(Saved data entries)
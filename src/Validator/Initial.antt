-- ===== src/Validator/Initial.antt =====
-- The initial consonants that PhonotacticsValidator.cpp takes, against a list of those of Vietnamese.
use nexus_key.Base.{
  ℕ, ◌≤◌, ◌≡◌, refl, ap, sym, leb, ◌∙◌, ◌⊎◌, inl, inr, Bool, true, List, [], ◌∷◌, length, any, map,
  take, not, false, codes, wstring_eq, Wstring, ◌&&◌, ◌||◌, ◌==◌, zero, suc, if◌then◌else◌,
  Bool-cases, arith,
}
use nexus_key.State.{CharState, is_d, at, base_at, is_vowel_at}
use nexus_key.Phonology.Keys.{is_front_base_vowel}
use nexus_key.Validator.Consonants.{parse_initial_consonant, is_initial_letter, is_stroked}
use nexus_key.Validator.Syllable.{clashes}

-- The consonants that begin a syllable; z, j, w and f only if `allowZwjf` is set.
abbrev pub is_onset : Bool → Wstring → Bool
is_onset zwjf (c ∷ []) =
    any (λ d. c == d) (codes "bcdghklmnpqrstvx") || zwjf && any (λ d. c == d) (codes "zjwf")
is_onset zwjf (c ∷ d ∷ []) =
    any (λ text. wstring_eq (c ∷ d ∷ []) (codes text))
      ("ch" ∷ "gh" ∷ "gi" ∷ "kh" ∷ "ng" ∷ "nh" ∷ "ph" ∷ "qu" ∷ "th" ∷ "tr" ∷ [])
is_onset zwjf (c ∷ d ∷ e ∷ []) = wstring_eq (codes "ngh") (c ∷ d ∷ e ∷ [])
is_onset zwjf _ = false

-- k, gh and ngh stand before front vowels, c before others, and q before u.
abbrev pub agrees : Wstring → ℕ → Bool
agrees (c ∷ []) first =
    if c == b'k'
    then is_front_base_vowel first
    else if c == b'c'
    then not (is_front_base_vowel first)
    else if c == b'q'
    then first == b'u'
    else true
agrees (c ∷ d ∷ []) first =
    if wstring_eq (codes "gh") (c ∷ d ∷ []) then is_front_base_vowel first else true
agrees (c ∷ d ∷ e ∷ []) first =
    if wstring_eq (codes "ngh") (c ∷ d ∷ e ∷ []) then is_front_base_vowel first else true
agrees _ first = true

abbrev pub bases : ℕ → List CharState → Wstring
bases n states = map (λ s. s.base) (take n states)

-- No initial consonant, or one of `n` states that goes with the vowel after it.
abbrev pub IsInitial : Bool → List CharState → ℕ → Type 0
IsInitial zwjf states n =
    (n ≡ 0)
    ⊎ ((is_onset zwjf (bases n states) ≡ true)
        × (agrees (bases n states) (base_at states n) ≡ true))

-- The g of gi, and gi and qu, are initial consonants before any vowel.
pub g-IsInitial :
    (zwjf : Bool) (states : List CharState)
    → (base_at states 0 == b'g') ≡ true
    → IsInitial zwjf states 1
unfolding at
g-IsInitial zwjf [] h = ground arith
g-IsInitial zwjf (s ∷ states) h = inr (ground (arith, h), ground (arith, h))

abbrev pub is_gi_or_qu : List CharState → Bool
is_gi_or_qu states =
    base_at states 0 == b'g' && base_at states 1 == b'i'
    || base_at states 0 == b'q' && base_at states 1 == b'u'

pub gi_or_qu-IsInitial :
    (zwjf : Bool) (states : List CharState) → is_gi_or_qu states ≡ true → IsInitial zwjf states 2
unfolding at
gi_or_qu-IsInitial zwjf [] h = ground arith
gi_or_qu-IsInitial zwjf (s ∷ []) h = ground arith
gi_or_qu-IsInitial zwjf (s ∷ t ∷ states) h = inr (ground (arith, h), ground (arith, h))

pub parse_initial_consonant-le :
    (states : List CharState) (zwjf : Bool) → parse_initial_consonant states zwjf ≤ 3
unfolding parse_initial_consonant
parse_initial_consonant-le states zwjf = ground arith

pub parse_initial_consonant-length :
    (states : List CharState) (zwjf : Bool) → parse_initial_consonant states zwjf ≤ length states
unfolding parse_initial_consonant
parse_initial_consonant-length states zwjf = ground arith

-- What the parser takes for an initial consonant is one.
abbrev pub IsOnset : Bool → List CharState → ℕ → Type 0
IsOnset zwjf states n = (n ≡ 0) ⊎ (is_onset zwjf (bases n states) ≡ true)

-- The pairs of letters that the parser takes.
abbrev pub is_pair : ℕ → ℕ → Bool
is_pair c d =
    c == b'c' && d == b'h'
    || c == b'g' && d == b'h'
    || c == b'g' && d == b'i'
    || c == b'k' && d == b'h'
    || c == b'n' && d == b'g'
    || c == b'n' && d == b'h'
    || c == b'p' && d == b'h'
    || c == b'q' && d == b'u'
    || c == b't' && d == b'h'
    || c == b't' && d == b'r'

pub pair-is_onset : (zwjf : Bool) (c d : ℕ) → is_pair c d ≡ true → is_onset zwjf (c ∷ d ∷ []) ≡ true
pair-is_onset zwjf c d h = ground (arith, h)

-- The parser, with its test of a pair given.
abbrev pub parsed_with : Bool → List CharState → Bool → ℕ
parsed_with pair states zwjf =
    if length states == 0
    then 0
    else if is_stroked (at states 0)
    then 1
    else if is_vowel_at states 0
    then 0
    else if leb 3 (length states)
        && base_at states 0 == b'n'
        && base_at states 1 == b'g'
        && base_at states 2 == b'h'
        && not (is_vowel_at states 1)
        && not (is_vowel_at states 2)
    then 3
    else if leb 2 (length states) && not (is_vowel_at states 1) && not (is_d (at states 1)) && pair
    then 2
    else if is_initial_letter (base_at states 0) zwjf
    then 1
    else 0

pub parse_initial_consonant-parsed_with :
    (states : List CharState) (zwjf : Bool)
    → parse_initial_consonant states zwjf
      ≡ parsed_with (is_pair (base_at states 0) (base_at states 1)) states zwjf
unfolding parse_initial_consonant
parse_initial_consonant-parsed_with states zwjf = refl

pub no_pair : (states : List CharState) (zwjf : Bool) → ¬ parsed_with false states zwjf ≡ 2
no_pair states zwjf e = ground (arith, e)

pub parsed_pair :
    (s t : CharState) (states : List CharState) (zwjf : Bool)
    → parse_initial_consonant (s ∷ t ∷ states) zwjf ≡ 2
    → is_pair s.base t.base ≡ true
unfolding at
parsed_pair s t states zwjf e =
    let all_states = s ∷ t ∷ states in
    elim (Bool-cases (is_pair s.base t.base)) [
      | inl p ↦ p
      | inr f ↦ absurd (
          no_pair all_states zwjf (
            sym (ap (λ b. parsed_with b all_states zwjf) f)
            ∙ sym (parse_initial_consonant-parsed_with all_states zwjf)
            ∙ e))
    ]

pub is_triple : ℕ → ℕ → ℕ → Bool
is_triple c d e = c == b'n' && d == b'g' && e == b'h'

pub triple-is_onset :
    (zwjf : Bool) (c d e : ℕ) → is_triple c d e ≡ true → is_onset zwjf (c ∷ d ∷ e ∷ []) ≡ true
unfolding is_triple
triple-is_onset zwjf c d e h = ground (arith, h)

pub parsed_triple :
    (s t u : CharState) (states : List CharState) (zwjf : Bool)
    → parse_initial_consonant (s ∷ t ∷ u ∷ states) zwjf ≡ 3
    → is_triple s.base t.base u.base ≡ true
unfolding at is_triple
parsed_triple s t u states zwjf e =
    with_pair (is_pair s.base t.base)
      (sym (parse_initial_consonant-parsed_with (s ∷ t ∷ u ∷ states) zwjf) ∙ e)
  where
    with_pair :
        (pair : Bool)
        → parsed_with pair (s ∷ t ∷ u ∷ states) zwjf ≡ 3
        → (s.base == b'n' && t.base == b'g' && u.base == b'h') ≡ true
    with_pair pair k = ground (arith, k)

pub parsed-IsOnset :
    (states : List CharState) (zwjf : Bool) (n : ℕ)
    → parse_initial_consonant states zwjf ≡ n
    → n ≤ 3
    → IsOnset zwjf states n
unfolding parse_initial_consonant is_initial_letter at is_d
parsed-IsOnset states zwjf zero e b = inl refl
parsed-IsOnset [] zwjf (suc zero) e b =
    absurd (omega (arith, e, parse_initial_consonant-length [] zwjf))
parsed-IsOnset (s ∷ states) zwjf (suc zero) e b = inr (ground (arith, e))
parsed-IsOnset [] zwjf (suc (suc zero)) e b =
    absurd (omega (arith, e, parse_initial_consonant-length [] zwjf))
parsed-IsOnset (s ∷ []) zwjf (suc (suc zero)) e b =
    absurd (omega (arith, e, parse_initial_consonant-length (s ∷ []) zwjf))
parsed-IsOnset (s ∷ t ∷ states) zwjf (suc (suc zero)) e b =
    inr (pair-is_onset zwjf s.base t.base (parsed_pair s t states zwjf e))
parsed-IsOnset [] zwjf (suc (suc (suc zero))) e b =
    absurd (omega (arith, e, parse_initial_consonant-length [] zwjf))
parsed-IsOnset (s ∷ []) zwjf (suc (suc (suc zero))) e b =
    absurd (omega (arith, e, parse_initial_consonant-length (s ∷ []) zwjf))
parsed-IsOnset (s ∷ t ∷ []) zwjf (suc (suc (suc zero))) e b =
    absurd (omega (arith, e, parse_initial_consonant-length (s ∷ t ∷ []) zwjf))
parsed-IsOnset (s ∷ t ∷ u ∷ states) zwjf (suc (suc (suc zero))) e b =
    inr (triple-is_onset zwjf s.base t.base u.base (parsed_triple s t u states zwjf e))
parsed-IsOnset states zwjf (suc (suc (suc (suc n)))) e b = absurd (omega (arith, b))

pub parse_initial_consonant-IsOnset :
    (states : List CharState) (zwjf : Bool)
    → IsOnset zwjf states (parse_initial_consonant states zwjf)
parse_initial_consonant-IsOnset states zwjf =
    parsed-IsOnset states zwjf (parse_initial_consonant states zwjf) refl
      (parse_initial_consonant-le states zwjf)

pub clashes-agrees :
    (states : List CharState) (n : ℕ)
    → n ≤ 3
    → n ≤ length states
    → clashes states n ≡ false
    → agrees (bases n states) (base_at states n) ≡ true
unfolding clashes at
clashes-agrees states zero b l h = refl
clashes-agrees [] (suc zero) b l h = refl
clashes-agrees (s ∷ states) (suc zero) b l h = ground (arith, h)
clashes-agrees [] (suc (suc zero)) b l h = refl
clashes-agrees (s ∷ []) (suc (suc zero)) b l h = absurd (omega (arith, l))
clashes-agrees (s ∷ t ∷ states) (suc (suc zero)) b l h = ground (arith, h)
clashes-agrees [] (suc (suc (suc zero))) b l h = refl
clashes-agrees (s ∷ []) (suc (suc (suc zero))) b l h = absurd (omega (arith, l))
clashes-agrees (s ∷ t ∷ []) (suc (suc (suc zero))) b l h = absurd (omega (arith, l))
clashes-agrees (s ∷ t ∷ u ∷ states) (suc (suc (suc zero))) b l h = ground (arith, h)
clashes-agrees states (suc (suc (suc (suc n)))) b l h = absurd (omega (arith, b))

pub d-IsOnset :
    (zwjf : Bool) (states : List CharState)
    → (length states == 0) ≡ false
    → is_d (at states 0) ≡ true
    → is_onset zwjf (bases 1 states) ≡ true
unfolding is_d at
d-IsOnset zwjf [] l h = ground (arith, l)
d-IsOnset zwjf (s ∷ states) l h = ground (arith, h)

#### Required action
Only the lines with the string "parser" are wanted; pick them out of the records above and copy them.

#### Result below
-- What the parser takes for an initial consonant is one.
-- The pairs of letters that the parser takes.
-- The parser, with its test of a pair given.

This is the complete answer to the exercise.